Transcribe the records underneath word for word, and leave no line out.

::::::

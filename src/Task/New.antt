-- ===== src/Task/New.antt =====
-- `task_new` of task/task.c on the whole list.
use peach_os64bit_module_two.Common.{
  ℕ, ◌≡◌, ◌≢◌, refl, false, Option, List, [], ◌∷◌, ◌++◌, arith, ◌==◌, ◌∙◌, sym, subst,
}
use peach_os64bit_module_two.Status.{ok, err, enomem}
use peach_os64bit_module_two.Task.{Node, Tasks, set_node, task_init, link_task, task_new}
use peach_os64bit_module_two.Task.Chain.{
  DLinked, Absent, Distinct, last_or, last_or-differs, IsTaskList,
}

-- What linking a task makes of the memory.
record Links (nodes nodes' : ℕ → Node) (last t : ℕ) : Type 0 where
  keeps : (a : ℕ) → a ≢ t → (nodes' a).prev ≡ (nodes a).prev
  goes : (a : ℕ) → a ≢ t → a ≢ last → (nodes' a).next ≡ (nodes a).next
  leads : last ≢ t → (nodes' last).next ≡ t
  end : (nodes' t).next ≡ 0
  back : (nodes' t).prev ≡ last

Absent-nil : (a : ℕ) (xs : List ℕ) → Absent a xs → Absent a (xs ++ [])
unfolding Absent
Absent-nil a [] h = h
Absent-nil a (x ∷ xs) (differs, h) = (differs, Absent-nil a xs h)

Absent-last_or : (a y : ℕ) (ys : List ℕ) → Absent a (y ∷ ys) → last_or y ys ≢ a
Absent-last_or a y ys h = last_or-differs a y ys [] (Absent-nil a (y ∷ ys) h)

DLinked-link :
    (nodes nodes' : ℕ → Node) (t p x : ℕ) (y : ℕ) (ys : List ℕ)
    → Links nodes nodes' (last_or y ys) t
    → t ≢ 0
    → DLinked nodes p x (y ∷ ys)
    → Distinct (y ∷ ys)
    → Absent t (y ∷ ys)
    → DLinked nodes' p x (y ∷ ys ++ (t ∷ []))
unfolding DLinked Distinct Absent
DLinked-link nodes nodes' t p x y [] l real (at, real', back, rest) distinct (other, absent) =
    (at, real', l.keeps y other ∙ back, (l.leads other, real, l.back, l.end))
DLinked-link nodes nodes' t p x y (z ∷ zs) l real (at, real', back, rest) (fresh, distinct)
      (other, absent) =
    let inner : y ≢ last_or z zs = λ e. Absent-last_or y z zs fresh (sym e) in
    let link : (nodes' y).next ≡ (nodes y).next = l.goes y other inner in
    (
      at,
      real',
      l.keeps y other ∙ back,
      subst (λ n. DLinked nodes' y n (z ∷ zs ++ (t ∷ []))) (sym link)
          (DLinked-link nodes nodes' t y (nodes y).next z zs l real rest distinct absent),
    )

link_task-Links :
    (s : Tasks) (t process : ℕ) (entry : Option ℕ)
    → s.head ≢ 0
    → s.tail ≢ t
    → Links s.nodes (link_task s t (task_init process entry)).nodes s.tail t
unfolding link_task task_init
link_task-Links s t process entry real other = record {
  keeps = ground (arith, real, other);
  goes = ground (arith, real, other);
  leads = ground (arith, real, other);
  end = ground (arith, real, other);
  back = ground (arith, real, other);
}

last_or-append : (p t : ℕ) (ts : List ℕ) → last_or p (ts ++ (t ∷ [])) ≡ t
last_or-append p t [] = refl
last_or-append p t (x ∷ xs) = last_or-append x t xs

Absent-snoc : (a t : ℕ) (ts : List ℕ) → t ≢ a → Absent a ts → Absent a (ts ++ (t ∷ []))
unfolding Absent
Absent-snoc a t [] other h = (other, tt)
Absent-snoc a t (x ∷ xs) other (differs, h) = (differs, Absent-snoc a t xs other h)

Distinct-snoc : (t : ℕ) (ts : List ℕ) → Absent t ts → Distinct ts → Distinct (ts ++ (t ∷ []))
unfolding Distinct Absent
Distinct-snoc t [] fresh h = (tt, h)
Distinct-snoc t (x ∷ xs) (other, fresh) (absent, h) =
    (Absent-snoc x t xs (λ e. other (sym e)) absent, Distinct-snoc t xs fresh h)

link_ends :
    (s : Tasks) (t : ℕ) (node : Node)
    → s.head ≢ 0
    → ((link_task s t node).head ≡ s.head) × ((link_task s t node).tail ≡ t)
unfolding link_task
link_ends s t node real = ground (arith, real)

link_empty :
    (s : Tasks) (t : ℕ) (node : Node)
    → s.head ≡ 0
    → link_task s t node
      ≡ record { nodes = set_node s.nodes t node; head = t; tail = t; current = t }
unfolding link_task
link_empty s t node empty = rw (link_task, empty) refl

alone :
    (nodes : ℕ → Node) (t process : ℕ) (entry : Option ℕ)
    → t ≢ 0
    → IsTaskList
        (record {
          nodes = set_node nodes t (task_init process entry);
          head = t;
          tail = t;
          current = t;
        })
        (t ∷ [])
unfolding DLinked Distinct Absent task_init
alone nodes t process entry real = record {
  linked = ground (arith, real);
  ends = refl;
  distinct = ground arith;
}

link_task-IsTaskList :
    (s : Tasks) (t process : ℕ) (entry : Option ℕ) (ts : List ℕ)
    → IsTaskList s ts
    → t ≢ 0
    → Absent t ts
    → IsTaskList (link_task s t (task_init process entry)) (ts ++ (t ∷ []))
unfolding DLinked Distinct Absent
link_task-IsTaskList s t process entry [] l real fresh =
    rw (link_empty s t (task_init process entry) l.linked) (alone s.nodes t process entry real)
link_task-IsTaskList s t process entry (x ∷ xs) l real fresh =
    let (at, real', back, rest) = l.linked in
    let some_head : s.head ≢ 0 = λ e. real' (sym at ∙ e) in
    let other : s.tail ≢ t = λ e. Absent-last_or t x xs fresh (sym l.ends ∙ e) in
    let links = link_task-Links s t process entry some_head other in
    let (head, tail) = link_ends s t (task_init process entry) some_head in
    record {
      linked =
          subst
            (λ h. DLinked (link_task s t (task_init process entry)).nodes 0 h (x ∷ xs ++ (t ∷ [])))
            (sym head)
            (DLinked-link s.nodes (link_task s t (task_init process entry)).nodes t 0 s.head x xs
              (subst (λ e. Links s.nodes (link_task s t (task_init process entry)).nodes e t) l.ends
                links)
              real l.linked l.distinct fresh);
      ends = tail ∙ sym (last_or-append 0 t (x ∷ xs));
      distinct = Distinct-snoc t (x ∷ xs) fresh l.distinct;
    }

-- With the address of memory that is not a task in the list, `task_new` returns it and leaves the
-- doubly linked list with the task at the end; without memory it fails with ENOMEM.
pub task_new-IsTaskList :
    (s : Tasks) (t process : ℕ) (entry : Option ℕ) (ts : List ℕ)
    → IsTaskList s ts
    → Absent t ts
    → let (r, s') = task_new s t process entry in
      (t ≢ 0 → (r ≡ ok t) × IsTaskList s' (ts ++ (t ∷ []))) × (t ≡ 0 → r ≡ err enomem)
unfolding task_new
task_new-IsTaskList s t process entry ts l fresh = (
  λ real.
      let there : (t == 0) ≡ false = ground (arith, real) in
      rw (task_new, there) (refl, link_task-IsTaskList s t process entry ts l real fresh),
  λ failed. rw (task_new, failed) refl,
)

::::::

Answer for the task
filename src/Task/New.antt
-- ===== src/Task/New.antt =====
-- `task_new` of task/task.c on the whole list.
use peach_os64bit_module_two.Common.{
  ℕ, ◌≡◌, ◌≢◌, refl, false, Option, List, [], ◌∷◌, ◌++◌, arith, ◌==◌, ◌∙◌, sym, subst,
}
use peach_os64bit_module_two.Status.{ok, err, enomem}
use peach_os64bit_module_two.Task.{Node, Tasks, set_node, task_init, link_task, task_new}
use peach_os64bit_module_two.Task.Chain.{
  DLinked, Absent, Distinct, last_or, last_or-differs, IsTaskList,
}

-- What linking a task makes of the memory.
record Links (nodes nodes' : ℕ → Node) (last t : ℕ) : Type 0 where
  keeps : (a : ℕ) → a ≢ t → (nodes' a).prev ≡ (nodes a).prev
  goes : (a : ℕ) → a ≢ t → a ≢ last → (nodes' a).next ≡ (nodes a).next
  leads : last ≢ t → (nodes' last).next ≡ t
  end : (nodes' t).next ≡ 0
  back : (nodes' t).prev ≡ last

Absent-nil : (a : ℕ) (xs : List ℕ) → Absent a xs → Absent a (xs ++ [])
unfolding Absent
Absent-nil a [] h = h
Absent-nil a (x ∷ xs) (differs, h) = (differs, Absent-nil a xs h)

Absent-last_or : (a y : ℕ) (ys : List ℕ) → Absent a (y ∷ ys) → last_or y ys ≢ a
Absent-last_or a y ys h = last_or-differs a y ys [] (Absent-nil a (y ∷ ys) h)

DLinked-link :
    (nodes nodes' : ℕ → Node) (t p x : ℕ) (y : ℕ) (ys : List ℕ)
    → Links nodes nodes' (last_or y ys) t
    → t ≢ 0
    → DLinked nodes p x (y ∷ ys)
    → Distinct (y ∷ ys)
    → Absent t (y ∷ ys)
    → DLinked nodes' p x (y ∷ ys ++ (t ∷ []))
unfolding DLinked Distinct Absent
DLinked-link nodes nodes' t p x y [] l real (at, real', back, rest) distinct (other, absent) =
    (at, real', l.keeps y other ∙ back, (l.leads other, real, l.back, l.end))
DLinked-link nodes nodes' t p x y (z ∷ zs) l real (at, real', back, rest) (fresh, distinct)
      (other, absent) =
    let inner : y ≢ last_or z zs = λ e. Absent-last_or y z zs fresh (sym e) in
    let link : (nodes' y).next ≡ (nodes y).next = l.goes y other inner in
    (
      at,
      real',
      l.keeps y other ∙ back,
      subst (λ n. DLinked nodes' y n (z ∷ zs ++ (t ∷ []))) (sym link)
          (DLinked-link nodes nodes' t y (nodes y).next z zs l real rest distinct absent),
    )

link_task-Links :
    (s : Tasks) (t process : ℕ) (entry : Option ℕ)
    → s.head ≢ 0
    → s.tail ≢ t
    → Links s.nodes (link_task s t (task_init process entry)).nodes s.tail t
unfolding link_task task_init
link_task-Links s t process entry real other = record {
  keeps = ground (arith, real, other);
  goes = ground (arith, real, other);
  leads = ground (arith, real, other);
  end = ground (arith, real, other);
  back = ground (arith, real, other);
}

last_or-append : (p t : ℕ) (ts : List ℕ) → last_or p (ts ++ (t ∷ [])) ≡ t
last_or-append p t [] = refl
last_or-append p t (x ∷ xs) = last_or-append x t xs

Absent-snoc : (a t : ℕ) (ts : List ℕ) → t ≢ a → Absent a ts → Absent a (ts ++ (t ∷ []))
unfolding Absent
Absent-snoc a t [] other h = (other, tt)
Absent-snoc a t (x ∷ xs) other (differs, h) = (differs, Absent-snoc a t xs other h)

Distinct-snoc : (t : ℕ) (ts : List ℕ) → Absent t ts → Distinct ts → Distinct (ts ++ (t ∷ []))
unfolding Distinct Absent
Distinct-snoc t [] fresh h = (tt, h)
Distinct-snoc t (x ∷ xs) (other, fresh) (absent, h) =
    (Absent-snoc x t xs (λ e. other (sym e)) absent, Distinct-snoc t xs fresh h)

link_ends :
    (s : Tasks) (t : ℕ) (node : Node)
    → s.head ≢ 0
    → ((link_task s t node).head ≡ s.head) × ((link_task s t node).tail ≡ t)
unfolding link_task
link_ends s t node real = ground (arith, real)

link_empty :
    (s : Tasks) (t : ℕ) (node : Node)
    → s.head ≡ 0
    → link_task s t node
      ≡ record { nodes = set_node s.nodes t node; head = t; tail = t; current = t }
unfolding link_task
link_empty s t node empty = rw (link_task, empty) refl

alone :
    (nodes : ℕ → Node) (t process : ℕ) (entry : Option ℕ)
    → t ≢ 0
    → IsTaskList
        (record {
          nodes = set_node nodes t (task_init process entry);
          head = t;
          tail = t;
          current = t;
        })
        (t ∷ [])
unfolding DLinked Distinct Absent task_init
alone nodes t process entry real = record {
  linked = ground (arith, real);
  ends = refl;
  distinct = ground arith;
}

link_task-IsTaskList :
    (s : Tasks) (t process : ℕ) (entry : Option ℕ) (ts : List ℕ)
    → IsTaskList s ts
    → t ≢ 0
    → Absent t ts
    → IsTaskList (link_task s t (task_init process entry)) (ts ++ (t ∷ []))
unfolding DLinked Distinct Absent
link_task-IsTaskList s t process entry [] l real fresh =
    rw (link_empty s t (task_init process entry) l.linked) (alone s.nodes t process entry real)
link_task-IsTaskList s t process entry (x ∷ xs) l real fresh =
    let (at, real', back, rest) = l.linked in
    let some_head : s.head ≢ 0 = λ e. real' (sym at ∙ e) in
    let other : s.tail ≢ t = λ e. Absent-last_or t x xs fresh (sym l.ends ∙ e) in
    let links = link_task-Links s t process entry some_head other in
    let (head, tail) = link_ends s t (task_init process entry) some_head in
    record {
      linked =
          subst
            (λ h. DLinked (link_task s t (task_init process entry)).nodes 0 h (x ∷ xs ++ (t ∷ [])))
            (sym head)
            (DLinked-link s.nodes (link_task s t (task_init process entry)).nodes t 0 s.head x xs
              (subst (λ e. Links s.nodes (link_task s t (task_init process entry)).nodes e t) l.ends
                links)
              real l.linked l.distinct fresh);
      ends = tail ∙ sym (last_or-append 0 t (x ∷ xs));
      distinct = Distinct-snoc t (x ∷ xs) fresh l.distinct;
    }

-- With the address of memory that is not a task in the list, `task_new` returns it and leaves the
-- doubly linked list with the task at the end; without memory it fails with ENOMEM.
pub task_new-IsTaskList :
    (s : Tasks) (t process : ℕ) (entry : Option ℕ) (ts : List ℕ)
    → IsTaskList s ts
    → Absent t ts
    → let (r, s') = task_new s t process entry in
      (t ≢ 0 → (r ≡ ok t) × IsTaskList s' (ts ++ (t ∷ []))) × (t ≡ 0 → r ≡ err enomem)
unfolding task_new
task_new-IsTaskList s t process entry ts l fresh = (
  λ real.
      let there : (t == 0) ≡ false = ground (arith, real) in
      rw (task_new, there) (refl, link_task-IsTaskList s t process entry ts l real fresh),
  λ failed. rw (task_new, failed) refl,
)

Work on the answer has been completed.